Writing a number as power of two Number of powers of two needed to be added to the given powers of two to write the (sum of given powers and added powers of two)number of the form $2^k-1$ where $k$ is any integer.
Okay, let me explain the question.
Suppose you are given: $2^0 , 2^1 , 2^2$
Here sum of the numbers $=1+2+4=7=2^3-1$. So, there is no need to add any powers of two :)
Suppose you are given: $2^2 , 2^4 , 2^5$
Here sum of the numbers $=4+16+32=52$ which cannot be written as $2^k-1$ for any $k$.
So, we are adding here $2^0,2^1,2^3$ to the above sum which makes it $63 = 2^6 -1$.
Answer here is $3$ because we are adding here three powers of two ($2^0,2^1,2^3$).
I know that any number can be represented as sum of powers of two. But,can somebody give me an insight how to derive solution for this problem? 
Thank you!
 A: Suppose that you’re given $2^{a_1},2^{a_2},\ldots,2^{a_n}$, where $a_1\le a_2\le\ldots\le a_n$. If $a_1=a_2$, erase $2^{a_1}$ and $2^{a_2}$ and write down $2^{a_1+1}$; then sort the powers of $2$ into non-decreasing order again. Repeat until the two smallest powers are different. Then do the same thing with the second-smallest power, and so on up the line.
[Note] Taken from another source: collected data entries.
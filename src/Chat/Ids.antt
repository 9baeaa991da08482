-- ===== src/Chat/Ids.antt =====
-- The ids of the chat model's rows, by which a slot finds a message.
use neo_nect_desktop.Base.{
  ℕ, zero, suc, ◌-◌, ◌≤◌, true, false, List, [], ◌∷◌, ◌≡◌, refl, arith, Bool-cases, Option-cases,
  inl, inr, ℤ, none, some, subst, sym, ap, All, modify,
}
use neo_nect_desktop.Base.Text.{String, ◌==◌, eq_iff, is_empty, ==-sym}
use neo_nect_desktop.Qt.{Qt, VariantMap, value, contains}
use neo_nect_desktop.Chat.Item.{MessageItem, parse_variant_map}
use neo_nect_desktop.Chat.Order.{ids, recalculate_blocks-ids, upper_bound, insert_at}
use neo_nect_desktop.Chat.Model.{ChatMessageModel, find_row, find_from}
use neo_nect_desktop.Chat.Slots.{on_message_added}
use neo_nect_desktop.Chat.Loaded.{items-insert_row}

abbrev pub IsNew : String → List String → Type 0
IsNew id = All (λ i. (i == id) ≡ false)

abbrev pub Distinct : List String → Type 0
Distinct [] = Unit {0}
Distinct (i ∷ is) = IsNew i is × Distinct is

find_from-none :
    (k : ℕ) (id : String) (xs : List MessageItem) → find_from k id xs ≡ none → IsNew id (ids xs)
unfolding find_from
find_from-none k id [] e = tt
find_from-none k id (x ∷ xs) e = elim (Bool-cases (x.id == id)) [
  | inl t ↦ absurd (ground arith)
  | inr t ↦ (t, find_from-none (suc k) id xs (ground arith))
]

find_from-some :
    (k i : ℕ) (x : MessageItem) (xs : List MessageItem)
    → find_from k x.id xs ≡ some i
    → (k ≤ i) × (ids (modify (i - k) (λ y. x) xs) ≡ ids xs)
unfolding find_from
find_from-some k i x [] e = absurd (ground arith)
find_from-some k i x (y ∷ ys) e = elim (Bool-cases (y.id == x.id)) [
  | inl t ↦
      let here : i ≡ k = ground arith in
      let none_before : i - k ≡ 0 = omega (arith, here) in
      rw none_before (omega (arith, here), ap (λ j. j ∷ ids ys) (sym ((eq_iff y.id x.id).0 t)))
  | inr t ↦
      let rest = find_from-some (suc k) i x ys (ground arith) in
      let later : i - k ≡ suc (i - suc k) = omega (arith, rest.0) in
      rw later (omega (arith, rest.0), ap (λ is. y.id ∷ is) rest.1)
]

IsNew-insert_at :
    (n : ℕ) (id : String) (x : MessageItem) (xs : List MessageItem)
    → (x.id == id) ≡ false
    → IsNew id (ids xs)
    → IsNew id (ids (insert_at n x xs))
unfolding insert_at
IsNew-insert_at zero id x xs h k = (h, k)
IsNew-insert_at (suc n) id x [] h k = (h, tt)
IsNew-insert_at (suc n) id x (y ∷ ys) h k = (k.0, IsNew-insert_at n id x ys h k.1)

insert_at-Distinct :
    (n : ℕ) (x : MessageItem) (xs : List MessageItem)
    → IsNew x.id (ids xs)
    → Distinct (ids xs)
    → Distinct (ids (insert_at n x xs))
unfolding insert_at
insert_at-Distinct zero x xs h k = (h, k)
insert_at-Distinct (suc n) x [] h k = (tt, tt)
insert_at-Distinct (suc n) x (y ∷ ys) h k =
    (IsNew-insert_at n y.id x ys (==-sym y.id x.id h.0) k.0, insert_at-Distinct n x ys h.1 k.1)

parse_variant_map-id :
    (q : Qt) (now : ℤ) (message : VariantMap)
    → contains "id" message ≡ true
    → is_empty (q.to_string (value "id" message)) ≡ false
    → (parse_variant_map q now message).id ≡ q.to_string (value "id" message)
unfolding parse_variant_map
parse_variant_map-id q now message has filled = rw (has, filled) refl

-- If the message has an id of its own that is not empty, and the ids of the rows are distinct, they are
-- distinct after the message is added, to whatever conversation.
pub on_message_added-Distinct :
    (q : Qt) (now : ℤ) (id : String) (message : VariantMap) (m : ChatMessageModel)
    → contains "id" message ≡ true
    → is_empty (q.to_string (value "id" message)) ≡ false
    → Distinct (ids m.items)
    → Distinct (ids (on_message_added q now id message m).items)
unfolding on_message_added
on_message_added-Distinct q now id message m has filled d =
    let x = parse_variant_map q now message in
    let own : x.id ≡ q.to_string (value "id" message) =
      parse_variant_map-id q now message has filled in
    elim (Bool-cases (q.same_ci id m.active_conversation_id)) [
      | inl same ↦ elim (Option-cases (find_row (q.to_string (value "id" message)) m)) [
        | inl f ↦
            rw
              (
                on_message_added,
                same,
                f,
                items-insert_row q x m,
                recalculate_blocks-ids (insert_at (upper_bound x m.items) x m.items),
              )
              (insert_at-Distinct (upper_bound x m.items) x m.items
                (find_from-none 0 x.id m.items
                  (subst (λ i. find_from 0 i m.items ≡ none) (sym own) f))
                d)
        | inr f ↦
            let all_before : f.0 - 0 ≡ f.0 = omega arith in
            let kept =
              (find_from-some 0 f.0 x m.items
                (subst (λ i. find_from 0 i m.items ≡ some f.0) (sym own) f.1)).1 in
            let same_ids =
              subst (λ n. ids (modify n (λ y. x) m.items) ≡ ids m.items) all_before kept in
            rw (on_message_added, same, f.1, recalculate_blocks-ids (modify f.0 (λ y. x) m.items))
              (subst Distinct (sym same_ids) d)
      ]
      | inr other ↦ rw (on_message_added, other) d
    ]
Example: You’re given $2^2,2^2,2^2,2^2,2^3,2^4,2^7$. The stages are shown below: $$\begin{align*}&\color{brown}{2^2,2^2},2^2,2^2,2^3,2^4,2^7\\&\color{brown}{2^3},2^2,2^2,2^3,2^4,2^7\\&2^2,2^2,2^3,2^3,2^4,2^7\\&\color{brown}{2^2,2^2},2^3,2^3,2^4,2^7\\&\color{brown}{2^3},2^3,2^3,2^4,2^7\\&2^3,2^3,2^3,2^4,2^7\\&\color{brown}{2^4},2^3,2^4,2^7\\&2^3,2^4,2^4,2^7\\&2^3,\color{brown}{2^4,2^4,}2^7\\&2^3,\color{brown}{2^5},2^7\\&2^4,2^5,2^7\end{align*}$$

When the process is complete, you’ll have at most one copy of each power of $2$. Now fill in all missing powers below the largest; in the example that means adding $2^0,2^1,2^2,2^3$, and $2^6$. If the highest power that you have after the consolidation step is $2^a$, the sum will be $2^{a+1}-1$.
A: Hint: what is $2^0 + 2^1 + \ldots + 2^{k-1}$?